#### [Problem requirements]
Determine how many lines in the listing below contain the word "where", then state that number by itself.
▬▬▬▬▬▬
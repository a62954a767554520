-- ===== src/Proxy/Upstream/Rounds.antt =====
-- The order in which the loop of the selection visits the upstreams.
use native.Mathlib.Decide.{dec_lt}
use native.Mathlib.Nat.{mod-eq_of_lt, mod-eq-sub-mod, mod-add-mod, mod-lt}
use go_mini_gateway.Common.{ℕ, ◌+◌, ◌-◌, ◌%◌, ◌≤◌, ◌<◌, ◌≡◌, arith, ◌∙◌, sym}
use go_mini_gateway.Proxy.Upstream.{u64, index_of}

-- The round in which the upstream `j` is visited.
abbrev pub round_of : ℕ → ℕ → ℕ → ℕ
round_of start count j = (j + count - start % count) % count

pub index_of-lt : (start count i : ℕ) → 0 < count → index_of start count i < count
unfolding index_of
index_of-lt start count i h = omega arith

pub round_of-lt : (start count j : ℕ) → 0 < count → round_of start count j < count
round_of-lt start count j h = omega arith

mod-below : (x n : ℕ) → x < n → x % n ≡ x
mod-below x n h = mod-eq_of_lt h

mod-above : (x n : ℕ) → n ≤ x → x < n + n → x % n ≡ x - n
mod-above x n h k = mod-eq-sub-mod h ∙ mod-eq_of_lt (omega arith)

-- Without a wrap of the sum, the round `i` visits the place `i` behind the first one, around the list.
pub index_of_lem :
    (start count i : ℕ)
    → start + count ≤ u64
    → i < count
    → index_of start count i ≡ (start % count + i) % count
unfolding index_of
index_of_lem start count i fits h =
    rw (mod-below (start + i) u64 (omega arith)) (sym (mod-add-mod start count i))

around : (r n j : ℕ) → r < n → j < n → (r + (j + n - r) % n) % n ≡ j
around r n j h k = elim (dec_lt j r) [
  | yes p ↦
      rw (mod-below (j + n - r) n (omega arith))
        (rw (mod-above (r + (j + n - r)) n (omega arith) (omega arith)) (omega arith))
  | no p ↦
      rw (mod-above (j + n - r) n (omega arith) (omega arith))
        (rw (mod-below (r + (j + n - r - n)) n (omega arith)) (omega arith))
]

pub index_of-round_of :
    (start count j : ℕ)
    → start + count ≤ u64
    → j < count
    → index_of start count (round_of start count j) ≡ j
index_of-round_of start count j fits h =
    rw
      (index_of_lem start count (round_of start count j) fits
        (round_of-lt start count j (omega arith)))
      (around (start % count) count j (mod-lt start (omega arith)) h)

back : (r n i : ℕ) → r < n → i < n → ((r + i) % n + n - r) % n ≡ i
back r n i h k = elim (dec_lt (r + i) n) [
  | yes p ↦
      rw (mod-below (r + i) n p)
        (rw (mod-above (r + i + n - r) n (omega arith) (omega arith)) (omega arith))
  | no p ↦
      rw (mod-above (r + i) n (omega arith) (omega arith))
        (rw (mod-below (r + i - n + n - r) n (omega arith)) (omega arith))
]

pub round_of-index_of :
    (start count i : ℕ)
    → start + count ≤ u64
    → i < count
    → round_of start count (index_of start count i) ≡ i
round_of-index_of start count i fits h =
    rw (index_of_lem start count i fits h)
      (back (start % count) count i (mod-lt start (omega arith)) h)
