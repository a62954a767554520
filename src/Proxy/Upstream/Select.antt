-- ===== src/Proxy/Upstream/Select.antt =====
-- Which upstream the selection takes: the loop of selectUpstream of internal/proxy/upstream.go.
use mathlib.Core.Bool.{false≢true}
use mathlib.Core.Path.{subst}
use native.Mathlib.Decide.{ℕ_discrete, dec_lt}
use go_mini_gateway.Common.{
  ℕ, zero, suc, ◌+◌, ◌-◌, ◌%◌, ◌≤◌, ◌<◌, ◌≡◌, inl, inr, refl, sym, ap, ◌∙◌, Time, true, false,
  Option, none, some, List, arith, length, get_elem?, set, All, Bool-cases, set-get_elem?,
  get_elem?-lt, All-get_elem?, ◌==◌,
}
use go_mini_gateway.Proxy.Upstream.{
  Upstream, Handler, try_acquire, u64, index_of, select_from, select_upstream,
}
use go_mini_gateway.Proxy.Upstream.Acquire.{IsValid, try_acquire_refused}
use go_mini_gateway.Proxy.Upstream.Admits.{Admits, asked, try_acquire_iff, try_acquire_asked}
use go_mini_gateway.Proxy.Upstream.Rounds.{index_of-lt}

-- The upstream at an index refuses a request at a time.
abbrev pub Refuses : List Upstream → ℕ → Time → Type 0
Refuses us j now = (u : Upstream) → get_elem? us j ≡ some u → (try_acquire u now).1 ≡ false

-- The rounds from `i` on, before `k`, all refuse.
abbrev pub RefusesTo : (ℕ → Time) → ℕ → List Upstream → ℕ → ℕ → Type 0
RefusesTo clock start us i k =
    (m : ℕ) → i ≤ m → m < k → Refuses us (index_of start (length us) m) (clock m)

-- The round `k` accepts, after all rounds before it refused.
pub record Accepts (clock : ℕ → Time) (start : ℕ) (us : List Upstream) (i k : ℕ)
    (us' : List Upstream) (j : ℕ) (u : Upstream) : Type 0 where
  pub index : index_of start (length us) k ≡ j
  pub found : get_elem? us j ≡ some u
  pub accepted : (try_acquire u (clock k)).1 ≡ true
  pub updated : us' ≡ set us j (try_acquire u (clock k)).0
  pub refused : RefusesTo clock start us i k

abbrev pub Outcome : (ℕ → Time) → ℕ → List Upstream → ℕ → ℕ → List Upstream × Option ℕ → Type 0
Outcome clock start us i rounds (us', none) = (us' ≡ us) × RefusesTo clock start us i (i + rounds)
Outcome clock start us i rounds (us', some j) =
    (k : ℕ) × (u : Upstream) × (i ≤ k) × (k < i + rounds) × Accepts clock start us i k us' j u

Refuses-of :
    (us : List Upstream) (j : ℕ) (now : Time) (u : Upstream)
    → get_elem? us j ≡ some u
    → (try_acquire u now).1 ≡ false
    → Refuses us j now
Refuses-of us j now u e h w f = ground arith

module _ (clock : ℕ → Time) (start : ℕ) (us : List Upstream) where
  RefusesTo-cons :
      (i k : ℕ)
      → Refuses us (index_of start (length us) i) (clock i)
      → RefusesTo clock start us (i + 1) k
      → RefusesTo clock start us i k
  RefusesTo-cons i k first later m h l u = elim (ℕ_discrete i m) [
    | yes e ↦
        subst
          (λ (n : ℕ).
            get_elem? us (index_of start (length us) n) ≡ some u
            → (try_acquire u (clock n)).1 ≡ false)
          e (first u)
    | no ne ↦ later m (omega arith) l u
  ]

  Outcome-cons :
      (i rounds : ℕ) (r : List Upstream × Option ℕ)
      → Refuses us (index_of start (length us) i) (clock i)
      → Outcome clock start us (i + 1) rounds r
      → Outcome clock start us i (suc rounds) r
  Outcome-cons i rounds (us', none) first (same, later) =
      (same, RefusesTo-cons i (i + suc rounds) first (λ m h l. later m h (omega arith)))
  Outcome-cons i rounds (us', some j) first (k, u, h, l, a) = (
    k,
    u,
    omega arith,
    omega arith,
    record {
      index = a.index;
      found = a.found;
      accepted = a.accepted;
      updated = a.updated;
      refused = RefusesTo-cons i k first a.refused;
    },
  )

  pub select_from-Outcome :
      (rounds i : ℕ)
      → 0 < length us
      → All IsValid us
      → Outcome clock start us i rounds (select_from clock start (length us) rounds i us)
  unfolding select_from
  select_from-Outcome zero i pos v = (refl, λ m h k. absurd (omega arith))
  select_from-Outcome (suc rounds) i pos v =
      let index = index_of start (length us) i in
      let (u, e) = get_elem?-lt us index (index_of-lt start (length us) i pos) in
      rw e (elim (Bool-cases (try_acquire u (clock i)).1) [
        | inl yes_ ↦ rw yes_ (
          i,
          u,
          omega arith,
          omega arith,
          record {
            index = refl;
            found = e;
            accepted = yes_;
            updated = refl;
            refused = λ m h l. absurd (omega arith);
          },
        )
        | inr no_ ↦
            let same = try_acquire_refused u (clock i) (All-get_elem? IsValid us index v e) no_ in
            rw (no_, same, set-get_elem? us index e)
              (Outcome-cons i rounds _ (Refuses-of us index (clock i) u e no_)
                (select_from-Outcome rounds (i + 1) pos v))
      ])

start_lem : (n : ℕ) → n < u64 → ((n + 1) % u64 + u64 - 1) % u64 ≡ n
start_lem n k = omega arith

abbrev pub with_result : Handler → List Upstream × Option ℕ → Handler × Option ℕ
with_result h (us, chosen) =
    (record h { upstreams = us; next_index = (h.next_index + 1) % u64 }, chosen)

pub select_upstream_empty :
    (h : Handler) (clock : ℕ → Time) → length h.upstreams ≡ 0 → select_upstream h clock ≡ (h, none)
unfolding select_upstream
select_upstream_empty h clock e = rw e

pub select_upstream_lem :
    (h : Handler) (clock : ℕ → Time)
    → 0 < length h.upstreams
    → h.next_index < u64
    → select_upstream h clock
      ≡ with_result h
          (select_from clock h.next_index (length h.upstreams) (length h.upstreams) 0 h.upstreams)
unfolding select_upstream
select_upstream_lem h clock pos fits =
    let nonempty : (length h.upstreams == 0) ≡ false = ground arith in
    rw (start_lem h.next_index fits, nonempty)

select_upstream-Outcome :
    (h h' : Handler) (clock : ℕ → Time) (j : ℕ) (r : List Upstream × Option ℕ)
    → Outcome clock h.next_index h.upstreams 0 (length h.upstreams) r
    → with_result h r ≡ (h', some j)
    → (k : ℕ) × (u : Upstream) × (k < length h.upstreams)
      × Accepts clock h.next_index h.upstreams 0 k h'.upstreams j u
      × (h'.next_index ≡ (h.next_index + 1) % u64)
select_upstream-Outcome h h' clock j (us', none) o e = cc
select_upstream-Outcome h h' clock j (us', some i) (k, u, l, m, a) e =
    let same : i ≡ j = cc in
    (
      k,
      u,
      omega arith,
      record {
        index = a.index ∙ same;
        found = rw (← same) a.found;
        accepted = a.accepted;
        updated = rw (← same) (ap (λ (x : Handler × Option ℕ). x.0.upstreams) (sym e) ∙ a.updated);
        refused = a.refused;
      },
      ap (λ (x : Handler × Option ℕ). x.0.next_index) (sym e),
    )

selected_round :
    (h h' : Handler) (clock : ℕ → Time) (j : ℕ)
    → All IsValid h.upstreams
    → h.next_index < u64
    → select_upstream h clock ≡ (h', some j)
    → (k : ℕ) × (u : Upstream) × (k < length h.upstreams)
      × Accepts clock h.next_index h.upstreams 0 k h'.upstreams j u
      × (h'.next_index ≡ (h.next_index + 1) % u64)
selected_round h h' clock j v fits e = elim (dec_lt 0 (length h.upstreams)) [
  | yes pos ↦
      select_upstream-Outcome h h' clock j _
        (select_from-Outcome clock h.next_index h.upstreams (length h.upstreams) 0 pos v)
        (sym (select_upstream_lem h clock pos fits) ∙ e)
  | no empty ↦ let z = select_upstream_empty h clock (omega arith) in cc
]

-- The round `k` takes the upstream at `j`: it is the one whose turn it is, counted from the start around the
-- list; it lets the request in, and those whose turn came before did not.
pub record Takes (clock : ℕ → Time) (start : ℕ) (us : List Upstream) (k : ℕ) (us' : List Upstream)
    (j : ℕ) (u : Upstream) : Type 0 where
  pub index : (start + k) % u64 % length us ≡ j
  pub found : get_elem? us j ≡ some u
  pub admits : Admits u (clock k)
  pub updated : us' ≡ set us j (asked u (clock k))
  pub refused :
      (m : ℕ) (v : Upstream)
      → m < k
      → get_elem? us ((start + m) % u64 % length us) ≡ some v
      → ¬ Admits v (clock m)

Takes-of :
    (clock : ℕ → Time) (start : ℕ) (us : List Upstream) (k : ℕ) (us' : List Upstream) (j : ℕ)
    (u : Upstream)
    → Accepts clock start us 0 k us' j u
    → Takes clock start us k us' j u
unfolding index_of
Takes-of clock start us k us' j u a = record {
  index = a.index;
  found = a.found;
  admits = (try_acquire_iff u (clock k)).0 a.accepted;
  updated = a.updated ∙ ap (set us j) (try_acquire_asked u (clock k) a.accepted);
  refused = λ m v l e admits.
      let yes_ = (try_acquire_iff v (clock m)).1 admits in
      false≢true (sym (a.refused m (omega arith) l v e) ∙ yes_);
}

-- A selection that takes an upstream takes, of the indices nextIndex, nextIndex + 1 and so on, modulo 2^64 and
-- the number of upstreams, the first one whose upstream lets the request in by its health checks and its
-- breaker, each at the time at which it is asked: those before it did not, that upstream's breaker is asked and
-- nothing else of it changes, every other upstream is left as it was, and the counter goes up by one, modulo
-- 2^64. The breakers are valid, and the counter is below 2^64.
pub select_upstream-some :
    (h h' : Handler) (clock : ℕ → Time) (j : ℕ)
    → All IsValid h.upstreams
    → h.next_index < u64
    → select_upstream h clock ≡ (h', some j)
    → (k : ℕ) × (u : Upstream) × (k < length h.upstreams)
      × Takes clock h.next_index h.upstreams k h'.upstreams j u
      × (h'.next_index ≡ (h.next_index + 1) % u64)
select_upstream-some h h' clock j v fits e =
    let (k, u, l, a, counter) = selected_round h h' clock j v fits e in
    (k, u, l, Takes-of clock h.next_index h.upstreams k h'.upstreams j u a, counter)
▬▬▬▬▬▬
#### [Answer space]
3